▸ Your instructions
Reproduce each record exactly, leaving out no line.

● ● ●

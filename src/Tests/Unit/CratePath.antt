-- ===== src/Tests/Unit/CratePath.antt =====
-- wincode-dynamic/tests/derive_crate_path.rs: declarations whose crate path is configured.
use wincode_dynamic.Prelude.{
  ◌≡◌, refl, Bool, true, false, ◌&&◌, ◌==◌, [], ◌∷◌, String, none, some, checked_add,
}
use wincode_dynamic.Wincode.{Primitive, TypeMeta}
use wincode_dynamic.Ty.{FieldType}
use wincode_dynamic.Adapter.{target_resolved}
use wincode_dynamic.Schema.{RootSchema}
use wincode_dynamic.Derive
use wincode_dynamic.Derive.{SerializedSize}
use wincode_dynamic.Expand.{
  Field, Body, Args, where_clause, get_crate_name, wincode_path, target_of,
}
use wincode_dynamic.Expand.Compile.{Outcome, derive}
use wincode_dynamic.Tests.Adapting.{named}
use wincode_dynamic.Tests.Compiling.{Impl, scope, u64_impl, trusting}

abbrev u32_impl : String × Impl
u32_impl = ("u32", (FieldType.primitive Primitive.u32, TypeMeta.static 4))

abbrev value_field : String → Field
value_field ty = record { ident = some "value"; ty = named ty; adapter = none; skip = none }

-- `#[wincode(crate = "crate::reexports")]`
abbrev reexported : String → Body → Args
reexported ident body = record {
  ident = ident;
  body = body;
  internal = false;
  crate_path = some "crate::reexports";
  tag_encoding = none;
}

-- `struct Struct`
abbrev struct_args : Args
struct_args = reexported "Struct" (Body.struct (value_field "u64" ∷ []))

-- `enum Enum`
abbrev enum_args : Args
enum_args = reexported "Enum" (
    Body.enum (
      record { ident = "Unit"; fields = []; tag = none }
      ∷ record { ident = "Value"; fields = value_field "u32" ∷ []; tag = none }
      ∷ []))

abbrev struct_outcome : Outcome
struct_outcome =
    derive (scope (u64_impl ∷ []) (TypeMeta.static 8)) trusting (TypeMeta.static 4) struct_args

abbrev enum_outcome : Outcome
enum_outcome =
    derive (scope (u32_impl ∷ []) TypeMeta.dynamic) trusting (TypeMeta.static 4) enum_args

abbrev has_static_size_8 : Outcome → Bool
has_static_size_8 (Outcome.schema_dynamic (SerializedSize.static n) root) = n == 8
has_static_size_8 _ = false

abbrev is_struct : Outcome → Bool
is_struct (Outcome.schema_dynamic size (RootSchema.struct schema)) = true
is_struct _ = false

abbrev is_enum : Outcome → Bool
is_enum (Outcome.schema_dynamic size (RootSchema.enum variants max_size name tag)) = true
is_enum _ = false

-- `derive_resolves_wincode_through_crate_path`
abbrev derive_resolves_wincode_through_crate_path : Bool
derive_resolves_wincode_through_crate_path =
    has_static_size_8 struct_outcome && (is_struct struct_outcome && is_enum enum_outcome)

-- The generated code reaches wincode by the configured path only, and with that the test passes.
crate_path_test_passes :
    (wincode_path (get_crate_name struct_args) ≡ "crate::reexports::__wincode")
    × (wincode_path (get_crate_name enum_args) ≡ "crate::reexports::__wincode")
    × (derive_resolves_wincode_through_crate_path ≡ true)
unfolding wincode_path get_crate_name derive where_clause target_of target_resolved Derive.generate
    Derive.max_serialized_size Derive.root_schema checked_add
crate_path_test_passes = (refl, refl, refl)
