-- ===== src/Tests/Unit/Drops.antt =====
-- The tests of wincode-dynamic/src/wincode_extra.rs.
use wincode_dynamic.Prelude.{
  ℕ, ◌+◌, ◌-◌, ◌≡◌, ◌==◌, refl, Bool, true, false, ◌&&◌, List, [], ◌∷◌, none, some, if◌then◌else◌,
  length,
}
use wincode_dynamic.Wincode.{Wincode, Primitive, ReadError, TypeMeta, size_of}
use wincode_dynamic.Wincode.Slice.{slices, take_bytes, interpret, le_value, to_bool}
use wincode_dynamic.Wincode.Slice.Lawful.{slice}
use wincode_dynamic.LenMap.Raw.{Mapper, Ended, read_with_context}

-- `DynamicU8`, whose `TYPE_META` is the one that the trait gives by default.
abbrev dynamic_u8 : Wincode
dynamic_u8 = record slices { type_meta = λ A. TypeMeta.dynamic }

-- `DropSpy`, a reference of eight bytes: a value, of which it is counted how often it is dropped.
abbrev DropSpy : Type 0
DropSpy = ℕ

-- `result.is_err()` of the operation, and of `catch_unwind`.
abbrev is_read_error : Ended DropSpy → Bool
is_read_error (Ended.failed e spies) = true
is_read_error _ = false

abbrev is_panic : Ended DropSpy → Bool
is_panic (Ended.unwound spies) = true
is_panic _ = false

-- The spies that the operation dropped.
abbrev dropped : Ended DropSpy → List DropSpy
dropped (Ended.failed e spies) = spies
dropped (Ended.unwound spies) = spies
dropped _ = []

abbrev spy : {A : Type 0} → Mapper ℕ A DropSpy
spy a calls = (some 0, calls + 1)

abbrev len_map_drops_initialized_values_on_read_error : Bool
len_map_drops_initialized_values_on_read_error =
    let (result, _, _) = read_with_context dynamic_u8 Primitive.u8 8 3 spy 0 (slice (1 ∷ 2 ∷ [])) in
    is_read_error result && (length (dropped result) == 2)

-- `assert_ne!(calls.get(), 3)` after the call is counted.
abbrev panics_in_third_call : {A : Type 0} → Mapper ℕ A DropSpy
panics_in_third_call a calls = (if calls + 1 == 3 then none else some 0, calls + 1)

abbrev len_map_drops_initialized_values_when_mapper_panics : Bool
len_map_drops_initialized_values_when_mapper_panics =
    let (result, _, _) =
      read_with_context dynamic_u8 Primitive.u8 8 3 panics_in_third_call 0
        (slice (1 ∷ 2 ∷ 3 ∷ [])) in
    is_panic result && (length (dropped result) == 2)

abbrev is_invalid_bool : Ended DropSpy → Bool
is_invalid_bool (Ended.failed (ReadError.invalid_bool_encoding n) spies) = n == 2
is_invalid_bool _ = false

abbrev static_len_map_drops_initialized_values_on_read_error : Bool
static_len_map_drops_initialized_values_on_read_error =
    let (result, _, _) = read_with_context slices Primitive.bool 8 2 spy 0 (slice (1 ∷ 2 ∷ [])) in
    is_invalid_bool result && (length (dropped result) == 1)

-- `assert_ne!(value, 3)`, and the spy of the value's own cell.
abbrev panics_on_three : Mapper ℕ ℕ DropSpy
panics_on_three n calls = (if n == 3 then none else some (n - 1), calls + 1)

-- How often a cell's spy was dropped.
abbrev drops_of : ℕ → List DropSpy → ℕ
drops_of cell [] = 0
drops_of cell (spy ∷ spies) = (if spy == cell then 1 else 0) + drops_of cell spies

abbrev static_len_map_drops_each_initialized_value_when_mapper_panics : Bool
static_len_map_drops_each_initialized_value_when_mapper_panics =
    let (result, _, _) =
      read_with_context slices Primitive.u8 8 3 panics_on_three 0 (slice (1 ∷ 2 ∷ 3 ∷ [])) in
    is_panic result
    && ((drops_of 0 (dropped result) == 1)
        && ((drops_of 1 (dropped result) == 1) && (drops_of 2 (dropped result) == 0)))

drop_tests_pass :
    (len_map_drops_initialized_values_on_read_error ≡ true)
    × (len_map_drops_initialized_values_when_mapper_panics ≡ true)
    × (static_len_map_drops_initialized_values_on_read_error ≡ true)
    × (static_len_map_drops_each_initialized_value_when_mapper_panics ≡ true)
unfolding read_with_context take_bytes interpret le_value to_bool size_of
drop_tests_pass = (refl, refl, refl, refl)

● ● ●

▸ Answer to this problem
filename src/Tests/Unit/CratePath.antt
-- ===== src/Tests/Unit/CratePath.antt =====
-- wincode-dynamic/tests/derive_crate_path.rs: declarations whose crate path is configured.
use wincode_dynamic.Prelude.{
  ◌≡◌, refl, Bool, true, false, ◌&&◌, ◌==◌, [], ◌∷◌, String, none, some, checked_add,
}
use wincode_dynamic.Wincode.{Primitive, TypeMeta}
use wincode_dynamic.Ty.{FieldType}
use wincode_dynamic.Adapter.{target_resolved}
use wincode_dynamic.Schema.{RootSchema}
use wincode_dynamic.Derive
use wincode_dynamic.Derive.{SerializedSize}
use wincode_dynamic.Expand.{
  Field, Body, Args, where_clause, get_crate_name, wincode_path, target_of,
}
use wincode_dynamic.Expand.Compile.{Outcome, derive}
use wincode_dynamic.Tests.Adapting.{named}
use wincode_dynamic.Tests.Compiling.{Impl, scope, u64_impl, trusting}

abbrev u32_impl : String × Impl
u32_impl = ("u32", (FieldType.primitive Primitive.u32, TypeMeta.static 4))

abbrev value_field : String → Field
value_field ty = record { ident = some "value"; ty = named ty; adapter = none; skip = none }

-- `#[wincode(crate = "crate::reexports")]`
abbrev reexported : String → Body → Args
reexported ident body = record {
  ident = ident;
  body = body;
  internal = false;
  crate_path = some "crate::reexports";
  tag_encoding = none;
}

-- `struct Struct`
abbrev struct_args : Args
struct_args = reexported "Struct" (Body.struct (value_field "u64" ∷ []))

-- `enum Enum`
abbrev enum_args : Args
enum_args = reexported "Enum" (
    Body.enum (
      record { ident = "Unit"; fields = []; tag = none }
      ∷ record { ident = "Value"; fields = value_field "u32" ∷ []; tag = none }
      ∷ []))

abbrev struct_outcome : Outcome
struct_outcome =
    derive (scope (u64_impl ∷ []) (TypeMeta.static 8)) trusting (TypeMeta.static 4) struct_args

abbrev enum_outcome : Outcome
enum_outcome =
    derive (scope (u32_impl ∷ []) TypeMeta.dynamic) trusting (TypeMeta.static 4) enum_args

abbrev has_static_size_8 : Outcome → Bool
has_static_size_8 (Outcome.schema_dynamic (SerializedSize.static n) root) = n == 8
has_static_size_8 _ = false

abbrev is_struct : Outcome → Bool
is_struct (Outcome.schema_dynamic size (RootSchema.struct schema)) = true
is_struct _ = false

abbrev is_enum : Outcome → Bool
is_enum (Outcome.schema_dynamic size (RootSchema.enum variants max_size name tag)) = true
is_enum _ = false

-- `derive_resolves_wincode_through_crate_path`
abbrev derive_resolves_wincode_through_crate_path : Bool
derive_resolves_wincode_through_crate_path =
    has_static_size_8 struct_outcome && (is_struct struct_outcome && is_enum enum_outcome)

-- The generated code reaches wincode by the configured path only, and with that the test passes.
crate_path_test_passes :
    (wincode_path (get_crate_name struct_args) ≡ "crate::reexports::__wincode")
    × (wincode_path (get_crate_name enum_args) ≡ "crate::reexports::__wincode")
    × (derive_resolves_wincode_through_crate_path ≡ true)
unfolding wincode_path get_crate_name derive where_clause target_of target_resolved Derive.generate
    Derive.max_serialized_size Derive.root_schema checked_add
crate_path_test_passes = (refl, refl, refl)
-- ===== src/Tests/Unit/Drops.antt =====
-- The tests of wincode-dynamic/src/wincode_extra.rs.
use wincode_dynamic.Prelude.{
  ℕ, ◌+◌, ◌-◌, ◌≡◌, ◌==◌, refl, Bool, true, false, ◌&&◌, List, [], ◌∷◌, none, some, if◌then◌else◌,
  length,
}
use wincode_dynamic.Wincode.{Wincode, Primitive, ReadError, TypeMeta, size_of}
use wincode_dynamic.Wincode.Slice.{slices, take_bytes, interpret, le_value, to_bool}
use wincode_dynamic.Wincode.Slice.Lawful.{slice}
use wincode_dynamic.LenMap.Raw.{Mapper, Ended, read_with_context}

-- `DynamicU8`, whose `TYPE_META` is the one that the trait gives by default.
abbrev dynamic_u8 : Wincode
dynamic_u8 = record slices { type_meta = λ A. TypeMeta.dynamic }

-- `DropSpy`, a reference of eight bytes: a value, of which it is counted how often it is dropped.
abbrev DropSpy : Type 0
DropSpy = ℕ

-- `result.is_err()` of the operation, and of `catch_unwind`.
abbrev is_read_error : Ended DropSpy → Bool
is_read_error (Ended.failed e spies) = true
is_read_error _ = false

abbrev is_panic : Ended DropSpy → Bool
is_panic (Ended.unwound spies) = true
is_panic _ = false

-- The spies that the operation dropped.
abbrev dropped : Ended DropSpy → List DropSpy
dropped (Ended.failed e spies) = spies
dropped (Ended.unwound spies) = spies
dropped _ = []

abbrev spy : {A : Type 0} → Mapper ℕ A DropSpy
spy a calls = (some 0, calls + 1)

abbrev len_map_drops_initialized_values_on_read_error : Bool
len_map_drops_initialized_values_on_read_error =
    let (result, _, _) = read_with_context dynamic_u8 Primitive.u8 8 3 spy 0 (slice (1 ∷ 2 ∷ [])) in
    is_read_error result && (length (dropped result) == 2)

-- `assert_ne!(calls.get(), 3)` after the call is counted.
abbrev panics_in_third_call : {A : Type 0} → Mapper ℕ A DropSpy
panics_in_third_call a calls = (if calls + 1 == 3 then none else some 0, calls + 1)

abbrev len_map_drops_initialized_values_when_mapper_panics : Bool
len_map_drops_initialized_values_when_mapper_panics =
    let (result, _, _) =
      read_with_context dynamic_u8 Primitive.u8 8 3 panics_in_third_call 0
        (slice (1 ∷ 2 ∷ 3 ∷ [])) in
    is_panic result && (length (dropped result) == 2)

abbrev is_invalid_bool : Ended DropSpy → Bool
is_invalid_bool (Ended.failed (ReadError.invalid_bool_encoding n) spies) = n == 2
is_invalid_bool _ = false

abbrev static_len_map_drops_initialized_values_on_read_error : Bool
static_len_map_drops_initialized_values_on_read_error =
    let (result, _, _) = read_with_context slices Primitive.bool 8 2 spy 0 (slice (1 ∷ 2 ∷ [])) in
    is_invalid_bool result && (length (dropped result) == 1)

-- `assert_ne!(value, 3)`, and the spy of the value's own cell.
abbrev panics_on_three : Mapper ℕ ℕ DropSpy
panics_on_three n calls = (if n == 3 then none else some (n - 1), calls + 1)

-- How often a cell's spy was dropped.
abbrev drops_of : ℕ → List DropSpy → ℕ
drops_of cell [] = 0
drops_of cell (spy ∷ spies) = (if spy == cell then 1 else 0) + drops_of cell spies

abbrev static_len_map_drops_each_initialized_value_when_mapper_panics : Bool
static_len_map_drops_each_initialized_value_when_mapper_panics =
    let (result, _, _) =
      read_with_context slices Primitive.u8 8 3 panics_on_three 0 (slice (1 ∷ 2 ∷ 3 ∷ [])) in
    is_panic result
    && ((drops_of 0 (dropped result) == 1)
        && ((drops_of 1 (dropped result) == 1) && (drops_of 2 (dropped result) == 0)))

drop_tests_pass :
    (len_map_drops_initialized_values_on_read_error ≡ true)
    × (len_map_drops_initialized_values_when_mapper_panics ≡ true)
    × (static_len_map_drops_initialized_values_on_read_error ≡ true)
    × (static_len_map_drops_each_initialized_value_when_mapper_panics ≡ true)
unfolding read_with_context take_bytes interpret le_value to_bool size_of
drop_tests_pass = (refl, refl, refl, refl)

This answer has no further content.